I've never seen any scientific evidence that shows that switching to synthetic oil will cause leaks. Said another way, all evidence I have seen on the subject suggests that the "switching to synthetic oil causes lease" myth is just that, an Old Wives Tale.

_Quote, originally posted by *YikeGrymon* »_• Is there a flush procedure I oughta do before making a change like this? Or does the car not care (I imagine after one or two changes with synthetic, it wouldn't matter much)?

Don't waste your time with a flush, conventional oil and synthetic oils are 100% compatible these days.

_Quote, originally posted by *YikeGrymon* »_• Any brand/weight the preferred one to use? and

A question that often generates lots of controversy. Personally I'd suggest any VW approved 502.00 (or better) synthetic oil, Mobil 1 0W-40, Castrol Syntec 0W-30, Castrol Syntec 5W-40, Valvoline Synpower MST 5W-30, Valvoline Synpower 5W-40, or Valvoline Synpower 20W-50.

_Quote, originally posted by *YikeGrymon* »_• What sort of months/mileage might I go between changes if I switch to synth?

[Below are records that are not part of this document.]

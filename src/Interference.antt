-- ===== src/Interference.antt =====
-- rantanplan/cpp/src/problem/visitors/fluent_polarity_collector.cpp and
-- rantanplan/cpp/src/analysis/interference_analysis.cpp: which fluents an action reads and writes, and
-- the directed test whether one action disturbs another. A set of handles is a list here; the
-- analysis of an action that the map does not have is `none`. The walk over an expression takes fuel.
pub mod Collected
pub mod Total
pub mod Effects
pub mod Independent
pub mod Analyses
pub mod Execution
pub mod Eager
pub mod Lazy
mod Tests
mod PlanTests
use ran_tan_plan.Prelude.{
  ℕ, zero, suc, Bool, true, false, not, ◌&&◌, ◌||◌, Option, none, some, List, [], ◌∷◌, ◌++◌,
  if◌then◌else◌, ◌>>=◌, map,
}
use ran_tan_plan.Expr.Kinds.{ExprKind, ExprOperator}
use ran_tan_plan.Expr.Node.{
  ExprId, null, ref, id_beq, ExprNode, ExprPayload, monostate, bool, int64, double, string,
}
use ran_tan_plan.Expr.Node.Equal.{is_in}
use ran_tan_plan.Expr.Pool.{
  ExprPool, get, is_op, is_kind, is_constant, is_state_variable, children, arguments,
}
use ran_tan_plan.Problem.{Problem, Action, EffectExpression, is_assign, is_bool_type}

pub data Polarity : Type 0 where
  positive negative : Polarity

pub record Collection : Type 0 where
  pub boolean_fluents : List (ExprId × Polarity)
  pub numeric_fluents : List ExprId

-- `boolean_fluents_[id] = polarity`: an earlier polarity is overwritten.
pub put : ExprId → Polarity → List (ExprId × Polarity) → List (ExprId × Polarity)
put id q [] = (id, q) ∷ []
put id q ((j, r) ∷ m) = let rest = put id q m in if id_beq j id then (id, q) ∷ m else (j, r) ∷ rest

abbrev polarity_of : Bool → Polarity
polarity_of true = negative
polarity_of false = positive

-- `collect_fluent_by_id`, in a negated context or not.
pub collect_fluent : Problem → Bool → ExprId → Collection → Collection
collect_fluent p negated id c =
    if is_bool_type p id
    then record c { boolean_fluents = put id (polarity_of negated) c.boolean_fluents }
    else record c { numeric_fluents = id ∷ c.numeric_fluents }

pub collect_each :
    (ExprId → Collection → Option Collection) → List ExprId → Collection → Option Collection
collect_each call [] c = some c
collect_each call (e ∷ es) c = do c' ← call e c; collect_each call es c'

abbrev pub is_fluent : ExprPool → ExprId → Bool
is_fluent p e = is_kind p e ExprKind.fluent_symbol || is_kind p e ExprKind.state_variable

-- `collect_from_id`
pub collect_from : Problem → ℕ → Bool → ExprId → Collection → Option Collection
collect_from p fuel negated null c = some c
collect_from p zero negated (ref i) c = none
collect_from p (suc fuel) negated (ref i) c =
    let inside = collect_each (collect_from p fuel (not negated)) (arguments p.pool (ref i)) c in
    let below = collect_each (collect_from p fuel negated) (children p.pool (ref i)) c in
    if is_op p.pool (ref i) ExprOperator.not
    then inside
    else if is_fluent p.pool (ref i)
    then some (collect_fluent p negated (ref i) c)
    else below

pub nothing_collected : Collection
nothing_collected = record { boolean_fluents = []; numeric_fluents = [] }

-- A collector of its own for one expression.
pub collect_all : Problem → ℕ → ExprId → Option Collection
collect_all p fuel e = collect_from p fuel false e nothing_collected

pub record ActionAnalysis : Type 0 where
  pub positive_boolean_preconditions : List ExprId
  pub negative_boolean_preconditions : List ExprId
  pub numeric_preconditions : List ExprId
  pub positive_boolean_effects : List ExprId
  pub negative_boolean_effects : List ExprId
  pub numeric_effects : List ExprId
  pub all_effects : List ExprId
  pub conditional_effect_fluents : List ExprId
  pub numeric_effect_dependencies : List ExprId

pub with_polarity : Bool → List (ExprId × Polarity) → List ExprId
with_polarity b [] = []
with_polarity true ((id, positive) ∷ m) = id ∷ with_polarity true m
with_polarity false ((id, negative) ∷ m) = id ∷ with_polarity false m
with_polarity true ((id, negative) ∷ m) = with_polarity true m
with_polarity false ((id, positive) ∷ m) = with_polarity false m

pub names : List (ExprId × Polarity) → List ExprId
names [] = []
names ((id, q) ∷ m) = id ∷ names m

-- The value of a Boolean constant.
unfoldable pub constant_value : ExprPool → ExprId → Option Bool
constant_value p e = do
  n ← get p e
  if is_constant p e then elim n.payload [ bool b ↦ some b | _ ↦ none ] else none

pub nothing_analyzed : ActionAnalysis
nothing_analyzed = record {
  positive_boolean_preconditions = [];
  negative_boolean_preconditions = [];
  numeric_preconditions = [];
  positive_boolean_effects = [];
  negative_boolean_effects = [];
  numeric_effects = [];
  all_effects = [];
  conditional_effect_fluents = [];
  numeric_effect_dependencies = [];
}

pub record_preconditions : ActionAnalysis → Collection → ActionAnalysis
record_preconditions r c = record r {
  positive_boolean_preconditions = with_polarity true c.boolean_fluents;
  negative_boolean_preconditions = with_polarity false c.boolean_fluents;
  numeric_preconditions = c.numeric_fluents;
}

pub analyze_preconditions : Problem → ℕ → Action → ActionAnalysis → Option ActionAnalysis
analyze_preconditions p fuel a r =
    let found = collect_all p fuel a.precondition_id in
    if a.has_precondition then found >>= (λ c. some (record_preconditions r c)) else some r

-- The condition of an effect that has one.
pub analyze_condition : Problem → ℕ → EffectExpression → ActionAnalysis → Option ActionAnalysis
analyze_condition p fuel e r =
    let found = collect_all p fuel e.condition_id in
    if e.is_conditional
    then found >>= (λ c. some (record r {
      conditional_effect_fluents =
          names c.boolean_fluents ++ c.numeric_fluents ++ r.conditional_effect_fluents;
    }))
    else some r

abbrev assign_constant : EffectExpression → Option Bool → ActionAnalysis → ActionAnalysis
assign_constant e none r = r
assign_constant e (some true) r = record r {
  positive_boolean_effects = e.fluent_id ∷ r.positive_boolean_effects;
}
assign_constant e (some false) r = record r {
  negative_boolean_effects = e.fluent_id ∷ r.negative_boolean_effects;
}

pub analyze_value : Problem → ℕ → EffectExpression → ActionAnalysis → Option ActionAnalysis
analyze_value p fuel e r =
    let found = collect_all p fuel e.value_id in
    if is_assign e.kind && is_bool_type p e.fluent_id
    then some (assign_constant e (constant_value p.pool e.value_id) r)
    else found >>= (λ c. some (record r {
      numeric_effects = e.fluent_id ∷ r.numeric_effects;
      numeric_effect_dependencies = c.numeric_fluents ++ r.numeric_effect_dependencies;
    }))

pub analyze_effects : Problem → ℕ → List EffectExpression → ActionAnalysis → Option ActionAnalysis
analyze_effects p fuel [] r = some r
analyze_effects p fuel (e ∷ es) r = do
  conditioned ← analyze_condition p fuel e (record r { all_effects = e.fluent_id ∷ r.all_effects })
  valued ← analyze_value p fuel e conditioned
  analyze_effects p fuel es valued

pub analyze_action : Problem → ℕ → Action → Option ActionAnalysis
analyze_action p fuel a = do
  r ← analyze_preconditions p fuel a nothing_analyzed
  analyze_effects p fuel a.effects r

pub has_intersection : List ExprId → List ExprId → Bool
has_intersection [] ys = false
has_intersection (x ∷ xs) ys =
    let rest = has_intersection xs ys in if is_in x ys then true else rest

-- The four checks, in the order of the source.
pub disturbs : ActionAnalysis → ActionAnalysis → Bool
disturbs a b =
    (has_intersection a.positive_boolean_effects b.negative_boolean_preconditions
      || (has_intersection a.negative_boolean_effects b.positive_boolean_preconditions
          || has_intersection a.numeric_effects b.numeric_preconditions))
    || (has_intersection a.all_effects b.conditional_effect_fluents
        || (has_intersection a.all_effects b.numeric_effect_dependencies
            || (has_intersection a.positive_boolean_effects b.negative_boolean_effects
                || (has_intersection a.negative_boolean_effects b.positive_boolean_effects
                    || has_intersection a.numeric_effects b.numeric_effects))))

pub actions_interfere : Option ActionAnalysis → Option ActionAnalysis → Bool
actions_interfere (some a) (some b) = disturbs a b
actions_interfere none _ = false
actions_interfere (some a) none = false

I ran my 1995 VR6 Passat GLX between 7,500 and 10,000 miles on Mobil 1 (various grades), and had a Used Oil Analysis (UOA) performed every two or three oil changes, always with stellar results.


----------



## YikeGrymon (Sep 12, 2005)

*Re: Switch to Synth? (shipo)*

Great info, shipo. Thanks.
To my first point/question above, I've heard that synthetic "lubricates so much better that it finds its way into small spaces etc that conventional oil can't/won't get into." Which is good. But it also thus passes through spaces that conventional doesn't. And that this is the germ of "leaks that you didn't have previously." I'm not sure I buy this, because it's under pressure, after all (though not a ton of pressure), and so wouldn't any liquid in there have just as much tendency to slip through <wherever>?
Then there's the seal issue I've heard about. Something about seals etc deteriorating because of the change. Not sure I get this at all.
Another thing I don't understand is why I found so *little* on this whole topic upon searching. Unless I was looking for stuff the wrong way....
AND: Where does one go for and/or how does one go about scoring a UOA?


_Modified by YikeGrymon at 8:04 AM 7-28-2008_


----------



## shipo (Jan 3, 2006)

*Re: Switch to Synth? (YikeGrymon)*


_Quote, originally posted by *YikeGrymon* »_To my first point/question above, I've heard that synthetic "lubricates so much better that it finds its way into small spaces etc that conventional oil can't/won't get into." Which is good. But it also thus passes through spaces that conventional doesn't. And that this is the germ of "leaks that you didn't have previously." I'm not sure I buy this, because it's under pressure, after all (though not a ton of pressure), and so wouldn't any liquid in there have just as much tendency to slip through <wherever>?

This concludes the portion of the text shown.